— Assignment —
Copy each line of the following data that contains "Unit".

[Data shown]

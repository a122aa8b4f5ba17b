-- ===== src/Captain/Registration/Handlers.antt =====
-- captain/internal/server/handlers/worker_handler.go. A body is what the JSON decoder made of it; none
-- is its error.
use subnetwork_system_torchl.Prelude.{
  ℕ, String, Bool, true, ◌&&◌, List, [], ◌∷◌, Option, none, some, if◌then◌else◌, ℤ, pos, leb_ℤ,
  replicate,
}
use subnetwork_system_torchl.Text.{Str, codes, str_eq}
use subnetwork_system_torchl.Manager.Models.{Uuid}
use subnetwork_system_torchl.Captain.Otp.{RetentionMap, new_otp, verify_otp}
use subnetwork_system_torchl.Captain.Workers.{WorkerList, serve_ws}
use subnetwork_system_torchl.Captain.Replies.{
  Answer, rows, Ret, done, failed, crashed, Response, json, error, aborted, bad_request_400,
  respond_code,
}
use subnetwork_system_torchl.Captain.Registration.Defs.{
  AddWorkerRequest, AddWorkerResponse, CreateWorkerParams, WorkerRow, login, create_worker,
  get_workers, get_worker_by_name, delete_worker, add_worker_domain, delete_worker_domain,
}

-- uuid.Nil
abbrev pub nil_uuid : Uuid
nil_uuid = replicate 16 0

abbrev bad : {A : Type 0} → String → Response A
bad message = error bad_request_400 (codes message)

-- RespondwithJSON(w, code, value)
coded : {A : Type 0} → Ret A → Response A
coded (done a code message) = json code a
coded (failed code message) = error code message
coded crashed = aborted

logged_in : RetentionMap → ℕ → Str → Uuid → Ret (Unit {0}) → Response Str × RetentionMap
logged_in rm now key id (done u code message) = (json code key, new_otp rm now key id)
logged_in rm now key id (failed code message) = (error code message, rm)
logged_in rm now key id crashed = (aborted, rm)

-- login: the one-time password of the response is `key`, the result of uuid.NewString.
unfoldable pub login_handler :
    (Uuid → Answer WorkerRow)
    → RetentionMap
    → ℕ
    → Str
    → Option (Option Uuid)
    → Response Str × RetentionMap
unfolding logged_in
login_handler query rm now key none = (bad "Invalid request body", rm)
login_handler query rm now key (some none) = (bad "WorkerId is required", rm)
login_handler query rm now key (some (some id)) =
    if str_eq id nil_uuid
    then (bad "WorkerId is required", rm)
    else logged_in rm now key id (login (query id))

-- What serveWS comes to: a refusal, nothing at all, or a websocket that is kept or closed again.
pub data Join : Type 0 where
  refused : ℕ → Str → Join
  silent : Join
  joined : Bool → Join

-- ServeWS of the service, and the upgrade of ServeWS of the manager, which may fail.
unfoldable pub serve_worker : Bool → WorkerList → Uuid → Answer WorkerRow → Join × WorkerList
serve_worker upgrades ws id (rows worker) =
    if upgrades
    then (let (ws', kept) = serve_ws ws id worker.name worker.pool_id in (joined kept, ws'))
    else (refused bad_request_400 (codes "Could not open websocket connection"), ws)
serve_worker upgrades ws id _ = (silent, ws)

verified :
    (Uuid → Answer WorkerRow)
    → Bool
    → WorkerList
    → RetentionMap × Option Uuid
    → Join × (RetentionMap × WorkerList)
unfolding serve_worker
verified query upgrades ws (rm, none) = (refused 401 (codes "Invalid OTP"), (rm, ws))
verified query upgrades ws (rm, some id) =
    let (join, ws') = serve_worker upgrades ws id (query id) in (join, (rm, ws'))

-- serveWS; `otp` is the parameter of the query.
unfoldable pub serve_ws_handler :
    (Uuid → Answer WorkerRow)
    → Bool
    → RetentionMap
    → WorkerList
    → Str
    → Join × (RetentionMap × WorkerList)
unfolding verified
serve_ws_handler query upgrades rm ws [] =
    (refused bad_request_400 (codes "OTP is required"), (rm, ws))
serve_ws_handler query upgrades rm ws (c ∷ otp) =
    verified query upgrades ws (verify_otp rm (c ∷ otp))

abbrev lacks : Option Str → Bool
lacks none = true
lacks (some s) = str_eq s []

abbrev lacks_id : Option Uuid → Bool
lacks_id none = true
lacks_id (some id) = str_eq id nil_uuid

abbrev lacks_port : Option ℤ → Bool
lacks_port none = true
lacks_port (some p) = leb_ℤ p (pos 0) && leb_ℤ (pos 0) p

-- AddWorker
unfoldable pub add_worker_handler :
    (Uuid → Str)
    → (CreateWorkerParams → Answer WorkerRow)
    → Uuid
    → Option AddWorkerRequest
    → Response AddWorkerResponse
unfolding coded
add_worker_handler string query id none = bad "Invalid request body"
add_worker_handler string query id (some req) =
    if lacks req.region_name
    then bad "RegionName is required"
    else if lacks req.ip_address
    then bad "IPAddress is required"
    else if lacks_port req.port
    then bad "Port is required"
    else if lacks_id req.pool_id
    then bad "PoolId is required"
    else coded (create_worker string query id req.region_name req.ip_address req.port req.pool_id)

unfoldable pub get_all_workers_handler :
    (Uuid → Str) → Answer (List WorkerRow) → Response (Option (List AddWorkerResponse))
unfolding coded
get_all_workers_handler string answer = coded (get_workers string answer)

unfoldable pub get_worker_by_name_handler :
    (Uuid → Str) → (Str → Answer WorkerRow) → Str → Response AddWorkerResponse
unfolding coded
get_worker_by_name_handler string query [] = bad "Worker name is required"
get_worker_by_name_handler string query (c ∷ name) =
    coded (get_worker_by_name string (query (c ∷ name)))

unfoldable pub delete_worker_handler : (Str → Answer ℕ) → Str → Response Str
delete_worker_handler delete [] = bad "Worker name is required"
delete_worker_handler delete (c ∷ name) = respond_code (delete_worker (delete (c ∷ name)))

unfoldable pub add_worker_domain_handler :
    (Str → List Str → Answer (Unit {0})) → Str → Option (List Str) → Response Str
add_worker_domain_handler insert [] body = bad "Worker name is required"
add_worker_domain_handler insert (c ∷ name) none = bad "Invalid request body"
add_worker_domain_handler insert (c ∷ name) (some []) = bad "Domains are required"
add_worker_domain_handler insert (c ∷ name) (some (d ∷ ds)) =
    respond_code (add_worker_domain (insert (c ∷ name) (d ∷ ds)))

unfoldable pub delete_worker_domain_handler :
    (Str → List Str → Answer ℕ) → Str → Option (List Str) → Response Str
delete_worker_domain_handler delete [] body = bad "Worker name is required"
delete_worker_domain_handler delete (c ∷ name) none = bad "Invalid request body"
delete_worker_domain_handler delete (c ∷ name) (some []) = bad "Domains are required"
delete_worker_domain_handler delete (c ∷ name) (some (d ∷ ds)) =
    respond_code (delete_worker_domain (delete (c ∷ name) (d ∷ ds)))
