-- ===== src/Captain/Registration.antt =====
-- captain/internal/server/service/worker_service.go and captain/internal/server/handlers/
-- worker_handler.go: the workers that Captain knows, and how one of them connects.
mod Defs
mod Handlers
unfoldable pub use Defs.*
unfoldable pub use Handlers.*
pub mod Joining
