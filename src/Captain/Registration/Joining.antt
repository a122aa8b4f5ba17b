-- ===== src/Captain/Registration/Joining.antt =====
-- How a worker comes to be connected: its login, its one-time password and its websocket.
use subnetwork_system_torchl.Prelude.{ℕ, ◌≡◌, refl, true, false, [], ◌∷◌, none, some, arith}
use subnetwork_system_torchl.Text.{Str, codes, str_eq, str_eq_refl}
use subnetwork_system_torchl.Dict.{lookup, insert, delete, lookup-insert, lookup-delete}
use subnetwork_system_torchl.Manager.Models.{Uuid}
use subnetwork_system_torchl.Captain.Otp.{Otp, RetentionMap, new_otp, verify_otp}
use subnetwork_system_torchl.Captain.Workers.{Worker, WorkerList, serve_ws, add_worker}
use subnetwork_system_torchl.Captain.Replies.{Answer, rows, json}
use subnetwork_system_torchl.Captain.Registration.Defs.{WorkerRow, login}
use subnetwork_system_torchl.Captain.Registration.Handlers.{
  nil_uuid, login_handler, refused, joined, serve_worker, serve_ws_handler,
}

-- A worker that Captain knows and that is not connected gets a one-time password by its login, and
-- with it a websocket under its own identity, name and pool. The same password is refused when it is
-- tried again, and the workers stay as they are.
pub login-serve_ws :
    (query : Uuid → Answer WorkerRow) (rm : RetentionMap) (ws : WorkerList) (now c : ℕ) (otp : Str)
    (id : Uuid) (worker : WorkerRow)
    → query id ≡ rows worker
    → str_eq id nil_uuid ≡ false
    → lookup id ws ≡ none
    → let (answer, rm') = login_handler query rm now (c ∷ otp) (some (some id)) in
      let (join, (rm'', ws')) = serve_ws_handler query true rm' ws (c ∷ otp) in
      (answer ≡ json 200 (c ∷ otp))
      × (join ≡ joined true)
      × (lookup id ws'
          ≡ some (record { id = id; name = worker.name; pool_id = worker.pool_id; egress = [] }))
      × (serve_ws_handler query true rm'' ws' (c ∷ otp)
          ≡ (refused 401 (codes "Invalid OTP"), (rm'', ws')))
unfolding login_handler serve_ws_handler serve_worker login verify_otp new_otp serve_ws add_worker
login-serve_ws query rm ws now c otp id worker known real new =
    let key : Str = c ∷ otp in
    let issued : Otp = record { key = key; created = now; worker_id = id } in
    let w : Worker = record {
      id = id;
      name = worker.name;
      pool_id = worker.pool_id;
      egress = [];
    } in
    let found : lookup key (insert key issued rm) ≡ some issued =
      ground (arith, lookup-insert key key issued rm, str_eq_refl key) in
    let gone : lookup key (delete key (insert key issued rm)) ≡ none =
      ground (arith, lookup-delete key key (insert key issued rm), str_eq_refl key) in
    let there : lookup id (insert id w ws) ≡ some w =
      ground (arith, lookup-insert id id w ws, str_eq_refl id) in
    rw (real, known, found, known, new, gone) (refl, refl, there, refl)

[/Data shown]

— Task result —
logged_in : RetentionMap → ℕ → Str → Uuid → Ret (Unit {0}) → Response Str × RetentionMap
    (Str → List Str → Answer (Unit {0})) → Str → Option (List Str) → Response Str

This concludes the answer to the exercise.